-- What you need to do --
The lines below may contain the word "code". Please count those that do and give the number alone.

-- Entries supplied --
--- START ---

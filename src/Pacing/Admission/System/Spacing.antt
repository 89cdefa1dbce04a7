-- ===== src/Pacing/Admission/System/Spacing.antt =====
-- Requests to one origin of crates/erabi-crawler/src/pacing.rs are spaced by the effective delay, and
-- a rate limit holds them off for its backoff and its Retry-After.
use erabi.Base.{
  ℕ, ◌+◌, ◌≤◌, ◌≡◌, refl, inl, inr, Option, none, some, ok, arith, saturating_add, u8_max,
  Option-cases,
}
use erabi.Pacing.{
  Duration, Instant, rate_limited, RetryAfterTiming, absent, honored, clamped, invalid, delay,
  OriginPacingState, effective_concurrency, normalize_expired_safety, latest_deadline,
  bounded_backoff, release_waiter, record_rate_limit, record_outcome, later_deadline,
}
use erabi.Pacing.Admission.{acquired, inspect, attempt, iterate}
use erabi.Pacing.Admission.System.{System, Reach, Admits, admit}
use erabi.Pacing.Admission.System.Held.{IsFrom, IsHeld, Reach-IsHeld, held-le, Admits-acquired}

inspect_next :
    (s : OriginPacingState) (o : Option ℕ) (b : Option Instant) (d now : ℕ)
    → (inspect s o b d now).1 ≡ ok acquired
    → (inspect s o b d now).0.next_request_at ≡ some (now + d)
inspect_next s none b d now h = ground arith
inspect_next s (some c) none d now h = ground arith
inspect_next s (some c) (some b) d now h = ground arith

attempt_next :
    (s : OriginPacingState) (d now : ℕ)
    → (attempt s d now).1 ≡ ok acquired
    → (attempt s d now).0.next_request_at ≡ some (now + d)
unfolding attempt
attempt_next s d now h =
    let n = normalize_expired_safety s now in
    inspect_next n (effective_concurrency n) (latest_deadline n) d now h

admit_next :
    {s : System} {d : Duration} → Admits s d → (admit s d).state.next_request_at ≡ some (s.now + d)
unfolding iterate release_waiter
admit_next {s} {d} a = ground (arith, attempt_next s.state d s.now, Admits-acquired a)

IsFrom-some : (t x : Instant) (o : Option Instant) → o ≡ some x → t ≤ x → IsFrom t o
IsFrom-some t x o h l = rw h l

-- Between a request's admission and the next one on the same origin there passes at least the
-- effective delay of the first, whatever tasks register, wait, are cancelled, record evidence or
-- finish in between.
pub admissions_spaced :
    {s t : System} {d e : Duration}
    → Admits s d
    → Reach (admit s d) t
    → Admits t e
    → s.now + d ≤ t.now
unfolding IsHeld
admissions_spaced {s} {t} {d} {e} a r b =
    let from =
      IsFrom-some (s.now + d) (s.now + d) (admit s d).state.next_request_at (admit_next a)
        (omega arith) in
    held-le (s.now + d) e (Reach-IsHeld (s.now + d) r (inr (inl from))) b

-- The backoff that the next rate limit of a state brings.
abbrev pub next_backoff : OriginPacingState → Duration
next_backoff s = bounded_backoff (saturating_add u8_max s.consecutive_rate_limits 1)

abbrev pub honored_delay : RetryAfterTiming → Duration
honored_delay r = elim (delay r) [ none ↦ 0 | some d ↦ d ]

later-le : (o : Option Instant) (c : Instant) → c ≤ later_deadline o c
later-le none c = omega arith
later-le (some d) c = omega arith

backoff-IsFrom :
    (s : OriginPacingState) (r : RetryAfterTiming) (now : Instant)
    → (record_rate_limit s r now).1 ≡ ok tt
    → IsFrom (now + next_backoff s) (record_rate_limit s r now).0.backoff_until
backoff-IsFrom s absent now h = ground (arith, later-le s.backoff_until (now + next_backoff s))
backoff-IsFrom s invalid now h = ground (arith, later-le s.backoff_until (now + next_backoff s))
backoff-IsFrom s (honored d) now h = ground (arith, later-le s.backoff_until (now + next_backoff s))
backoff-IsFrom s (clamped d) now h = ground (arith, later-le s.backoff_until (now + next_backoff s))

retry-IsFrom :
    (s : OriginPacingState) (r : RetryAfterTiming) (d : Duration) (now : Instant)
    → delay r ≡ some d
    → (record_rate_limit s r now).1 ≡ ok tt
    → IsFrom (now + d) (record_rate_limit s r now).0.retry_after_until
retry-IsFrom s absent d now e h = cc
retry-IsFrom s invalid d now e h = cc
retry-IsFrom s (honored x) d now e h = ground (arith, later-le s.retry_after_until (now + d))
retry-IsFrom s (clamped x) d now e h = ground (arith, later-le s.retry_after_until (now + d))

normalize_count :
    (s : OriginPacingState) (now : Instant)
    → (normalize_expired_safety s now).consecutive_rate_limits ≡ s.consecutive_rate_limits
unfolding normalize_expired_safety
normalize_count s now = refl

-- What a recorded rate limit holds off.
limited-IsHeld :
    (s : System) (r : RetryAfterTiming)
    → (record_outcome s.state (rate_limited r) s.now).1 ≡ ok tt
    → let t = record s { state = (record_outcome s.state (rate_limited r) s.now).0 } in
      IsHeld (s.now + next_backoff s.state) t × IsHeld (s.now + honored_delay r) t
unfolding IsHeld record_outcome
limited-IsHeld s r h = (
  inr (inr (inl (backoff-IsFrom (normalize_expired_safety s.state s.now) r s.now h))),
  elim (Option-cases (delay r)) [
    | inl e ↦ inl (rw (e, honored_delay) (omega arith))
    | inr (d, e) ↦
        rw (e, honored_delay)
          (inr (inr (inr (retry-IsFrom (normalize_expired_safety s.state s.now) r d s.now e h))))
  ],
)

-- After a rate limit whose evidence was recorded without an overflow, no request of the origin is
-- admitted before the bounded backoff for the raised count has passed, nor before the bounded
-- Retry-After delay has.
pub rate_limit_holds :
    (s : System) (r : RetryAfterTiming) {t : System} {e : Duration}
    → (record_outcome s.state (rate_limited r) s.now).1 ≡ ok tt
    → Reach (record s { state = (record_outcome s.state (rate_limited r) s.now).0 }) t
    → Admits t e
    → (s.now + next_backoff s.state ≤ t.now) × (s.now + honored_delay r ≤ t.now)
rate_limit_holds s r {t} {e} h q a =
    let held = limited-IsHeld s r h in
    (
      held-le (s.now + next_backoff s.state) e
          (Reach-IsHeld (s.now + next_backoff s.state) q held.0) a,
      held-le (s.now + honored_delay r) e (Reach-IsHeld (s.now + honored_delay r) q held.1) a,
    )
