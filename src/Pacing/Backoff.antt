-- ===== src/Pacing/Backoff.antt =====
-- About the backoff of repeated rate limits in crates/erabi-crawler/src/pacing.rs.
use erabi.Base.{ℕ, zero, suc, ◌-◌, ◌*◌, ◌^◌, ◌≤◌, ◌≡◌, arith, min}
use native.Mathlib.Decide.{dec_le}
use native.Mathlib.Nat.{pow-suc, pow-le-pow_right, one-le-pow}
use erabi.Pacing.{secs, max_rate_limit_backoff, bounded_backoff}

-- For every count of consecutive rate limits from 1 on, the backoff is one second doubled once for
-- each limit after the first, and at most a minute: cutting the exponent at 6 changes nothing.
pub bounded_backoff_lem :
    (n : ℕ) → bounded_backoff (suc n) ≡ min (secs 1 * 2 ^ n) max_rate_limit_backoff
unfolding bounded_backoff
bounded_backoff_lem n = elim (dec_le n 6) [
  | yes l ↦ let e : min (suc n - 1) 6 ≡ n = omega arith in rw e
  | no g ↦
      let e : min (suc n - 1) 6 ≡ 6 = omega arith in
      let large : 64 ≤ 2 ^ n =
        pow-le-pow_right {n = 2} (omega arith) {i = 6} {j = n} (omega arith) in
      rw e (omega (arith, large))
]

backoff_zero :
    (secs 1 ≤ bounded_backoff 0)
    × (bounded_backoff 0 ≤ max_rate_limit_backoff)
    × (bounded_backoff 0 ≤ bounded_backoff 1)
unfolding bounded_backoff
backoff_zero = omega arith

-- A backoff lies between one second and one minute, and does not shrink as limits follow.
pub bounded_backoff_range :
    (n : ℕ)
    → (secs 1 ≤ bounded_backoff n)
      × (bounded_backoff n ≤ max_rate_limit_backoff)
      × (bounded_backoff n ≤ bounded_backoff (suc n))
bounded_backoff_range zero = backoff_zero
bounded_backoff_range (suc n) = omega (
  arith,
  bounded_backoff_lem n,
  bounded_backoff_lem (suc n),
  pow-suc 2 n,
  one-le-pow n 2 (omega arith),
)
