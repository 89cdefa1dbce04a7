-- ===== src/Pacing/Registry.antt =====
-- The bounded registry of origins in crates/erabi-crawler/src/pacing.rs. The map from origins to
-- their shared states is the list of its entries; the code inserts at the origin's place in the
-- map's order, and prunes in that order.
pub mod Pruning
pub mod Retirement
pub mod Protection
pub mod Keys
use erabi.Base.{
  ℕ, ◌+◌, Bool, true, false, ◌&&◌, ◌||◌, List, [], ◌∷◌, map, Option, none, some, Result, ok, err,
  ltb, leb, ◌==◌, if◌then◌else◌, length, checked_add, u64_max,
}
use erabi.Text.{Text, text_eq}
use erabi.Pacing.{
  Instant, OriginKey, AdmissionError, origin_capacity_exhausted, registration_id_exhausted,
  OriginPacingState, default_state, normalize_expired_safety, is_safe_to_retire, add_registration,
}
use erabi.Pacing.Admission.{origin_eq}

-- The order of `String`, byte by byte, which on UTF-8 is that of the code points.
unfoldable pub text_lt : Text → Text → Bool
text_lt [] [] = false
text_lt [] (_ ∷ _) = true
text_lt (_ ∷ _) [] = false
text_lt (a ∷ s) (b ∷ t) = ltb a b || (a == b && text_lt s t)

-- The derived order of `OriginKey`: by scheme, then host, then port.
unfoldable pub origin_lt : OriginKey → OriginKey → Bool
unfolding text_lt
origin_lt a b =
    text_lt a.scheme b.scheme
    || (text_eq a.scheme b.scheme
        && (text_lt a.host b.host || (text_eq a.host b.host && ltb a.port b.port)))

abbrev pub States : Type 0
States = List (OriginKey × OriginPacingState)

unfoldable pub get : OriginKey → States → Option OriginPacingState
get k [] = none
get k ((j, s) ∷ m) = if origin_eq j k then some s else get k m

-- `insert` at a key that the map does not hold.
unfoldable pub insert : OriginKey → OriginPacingState → States → States
unfolding origin_lt
insert k s [] = (k, s) ∷ []
insert k s ((j, t) ∷ m) = if origin_lt k j then (k, s) ∷ (j, t) ∷ m else (j, t) ∷ insert k s m

unfoldable pub update : OriginKey → OriginPacingState → States → States
update k s [] = []
update k s ((j, t) ∷ m) = if origin_eq j k then (j, s) ∷ m else (j, t) ∷ update k s m

unfoldable pub remove : OriginKey → States → States
remove k [] = []
remove k ((j, t) ∷ m) = if origin_eq j k then m else (j, t) ∷ remove k m

pub record OriginRegistry : Type 0 where
  pub states : States
  pub next_registration_id : Option ℕ  -- u64
  pub capacity : ℕ

unfoldable pub new : ℕ → OriginRegistry
new capacity = record { states = []; next_registration_id = some 1; capacity = capacity }

-- The origins whose states the filter of `prune_safe_states` lets through, in the map's order.
unfoldable pub removable : Instant → States → List OriginKey
removable now [] = []
removable now ((k, s) ∷ m) =
    let rest = removable now m in if (is_safe_to_retire s now).1 then k ∷ rest else rest

-- The filter normalizes every state that it tests.
unfoldable pub examined : Instant → States → States
examined now [] = []
examined now ((k, s) ∷ m) = (k, (is_safe_to_retire s now).0) ∷ examined now m

unfoldable pub prune_loop : ℕ → List OriginKey → States → States
prune_loop capacity [] m = m
prune_loop capacity (k ∷ ks) m =
    let rest = prune_loop capacity ks (remove k m) in if ltb (length m) capacity then m else rest

unfoldable pub prune_safe_states : States → Instant → ℕ → States
prune_safe_states m now capacity = prune_loop capacity (removable now m) (examined now m)

-- `registry.states` after the branch that finds or makes the origin's state.
abbrev pub make_room : States → Instant → ℕ → States
make_room m now capacity = if leb capacity (length m) then prune_safe_states m now capacity else m

unfoldable pub find_or_create :
    States → OriginKey → Instant → ℕ → States × Result OriginPacingState AdmissionError
find_or_create m origin now capacity = elim (get origin m) [
  | some s ↦ (m, ok s)
  | none ↦
      let room = make_room m now capacity in
      if leb capacity (length room)
      then (room, err origin_capacity_exhausted)
      else (insert origin default_state room, ok default_state)
]

-- The registration identifier is taken, and the origin's state gets the registration.
abbrev pub assign :
    OriginRegistry
    → OriginKey
    → ℕ
    → States
    → OriginPacingState
    → Option ℕ
    → OriginRegistry × Result ℕ AdmissionError
assign r origin concurrency m s none = (record r { states = m }, err registration_id_exhausted)
assign r origin concurrency m s (some id) = (
  record r {
    states = update origin (add_registration s id concurrency) m;
    next_registration_id = checked_add u64_max id 1;
  },
  ok id,
)

abbrev pub add_to :
    OriginRegistry
    → OriginKey
    → ℕ
    → States × Result OriginPacingState AdmissionError
    → OriginRegistry × Result ℕ AdmissionError
add_to r origin concurrency (m, err e) = (record r { states = m }, err e)
add_to r origin concurrency (m, ok s) = assign r origin concurrency m s r.next_registration_id

unfoldable pub register :
    OriginRegistry → OriginKey → ℕ → Instant → OriginRegistry × Result ℕ AdmissionError
register r origin concurrency now =
    add_to r origin concurrency (find_or_create r.states origin now r.capacity)
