-- ===== src/Pacing/Registry/Retirement.antt =====
-- About `is_safe_to_retire` of crates/erabi-crawler/src/pacing.rs: when the state of an origin may
-- leave the registry, and what the test makes of a state that stays.
use erabi.Base.{
  ℕ, ◌≡◌, refl, ◌≢◌, ◌↔◌, ◌⊎◌, inl, inr, true, false, List, [], ◌∷◌, Option, none, some, arith,
  is_empty, is_none, Bool-cases,
}
use erabi.Pacing.{
  Instant, OriginPacingState, is_safe_to_retire, expire, normalize_expired_safety, is_idle,
}
use erabi.Pacing.Admission.Attempt.{IsPast, AllPast}

-- Something uses the origin: a registration, a request in flight, a waiting task, or a deadline that
-- has not passed.
abbrev pub InUse : Instant → OriginPacingState → Type 0
InUse now s =
    (s.registrations ≢ [])
    ⊎ ((s.in_flight ≢ 0) ⊎ ((s.waiting_admissions ≢ 0) ⊎ (¬ (AllPast now s))))

-- The deadline is as it was, or it has passed and is no longer there.
abbrev pub Cleared : Instant → Option Instant → Option Instant → Type 0
Cleared now before after = (after ≡ before) ⊎ (IsPast now before × (after ≡ none))

-- The state is as it was, but for deadlines that have passed.
pub record Kept (now : Instant) (s t : OriginPacingState) : Type 0 where
  pub in_flight : t.in_flight ≡ s.in_flight
  pub registrations : t.registrations ≡ s.registrations
  pub waiting_admissions : t.waiting_admissions ≡ s.waiting_admissions
  pub consecutive_rate_limits : t.consecutive_rate_limits ≡ s.consecutive_rate_limits
  pub next_request_at : Cleared now s.next_request_at t.next_request_at
  pub backoff_until : Cleared now s.backoff_until t.backoff_until
  pub retry_after_until : Cleared now s.retry_after_until t.retry_after_until

is_empty_iff : (rs : List (ℕ × ℕ)) → (is_empty rs ≡ true) ↔ (rs ≡ [])
is_empty_iff [] = (λ _. refl, λ _. refl)
is_empty_iff (r ∷ rs) = (λ h. cc, λ h. cc)

expire_iff : (now : Instant) (o : Option Instant) → (is_none (expire now o) ≡ true) ↔ IsPast now o
expire_iff now none = (λ _. tt, λ _. refl)
expire_iff now (some d) = ground arith

-- A state may retire exactly if nothing uses the origin and all three deadlines have passed.
pub retire_iff :
    (s : OriginPacingState) (now : Instant)
    → ((is_safe_to_retire s now).1 ≡ true)
      ↔ ((s.registrations ≡ []) × (s.in_flight ≡ 0) × (s.waiting_admissions ≡ 0) × AllPast now s)
unfolding is_safe_to_retire
retire_iff s now = ground (
  arith,
  is_empty_iff s.registrations,
  expire_iff now s.next_request_at,
  expire_iff now s.backoff_until,
  expire_iff now s.retry_after_until,
)

pub in_use_stays :
    (s : OriginPacingState) (now : Instant) → InUse now s → (is_safe_to_retire s now).1 ≡ false
in_use_stays s now u = elim (Bool-cases (is_safe_to_retire s now).1) [
  | inr n ↦ n
  | inl y ↦
      let (r, f, w, p) = (retire_iff s now).0 y in
      elim u [
        | inl a ↦ absurd (a r)
        | inr v ↦ elim v [
          | inl b ↦ absurd (b f)
          | inr x ↦ elim x [ inl c ↦ absurd (c w) | inr d ↦ absurd (d p) ]
        ]
      ]
]

expire-Cleared : (now : Instant) (o : Option Instant) → Cleared now o (expire now o)
expire-Cleared now none = inl refl
expire-Cleared now (some d) = ground arith

pub unchanged-Kept : (s : OriginPacingState) (now : Instant) → Kept now s s
unchanged-Kept s now = record {
  in_flight = refl;
  registrations = refl;
  waiting_admissions = refl;
  consecutive_rate_limits = refl;
  next_request_at = inl refl;
  backoff_until = inl refl;
  retry_after_until = inl refl;
}

pub retire-Kept : (s : OriginPacingState) (now : Instant) → Kept now s (is_safe_to_retire s now).0
unfolding is_safe_to_retire normalize_expired_safety
retire-Kept s now = record {
  in_flight = refl;
  registrations = refl;
  waiting_admissions = refl;
  consecutive_rate_limits = refl;
  next_request_at = expire-Cleared now s.next_request_at;
  backoff_until = expire-Cleared now s.backoff_until;
  retry_after_until = expire-Cleared now s.retry_after_until;
}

--- END ---

-- Task output --
2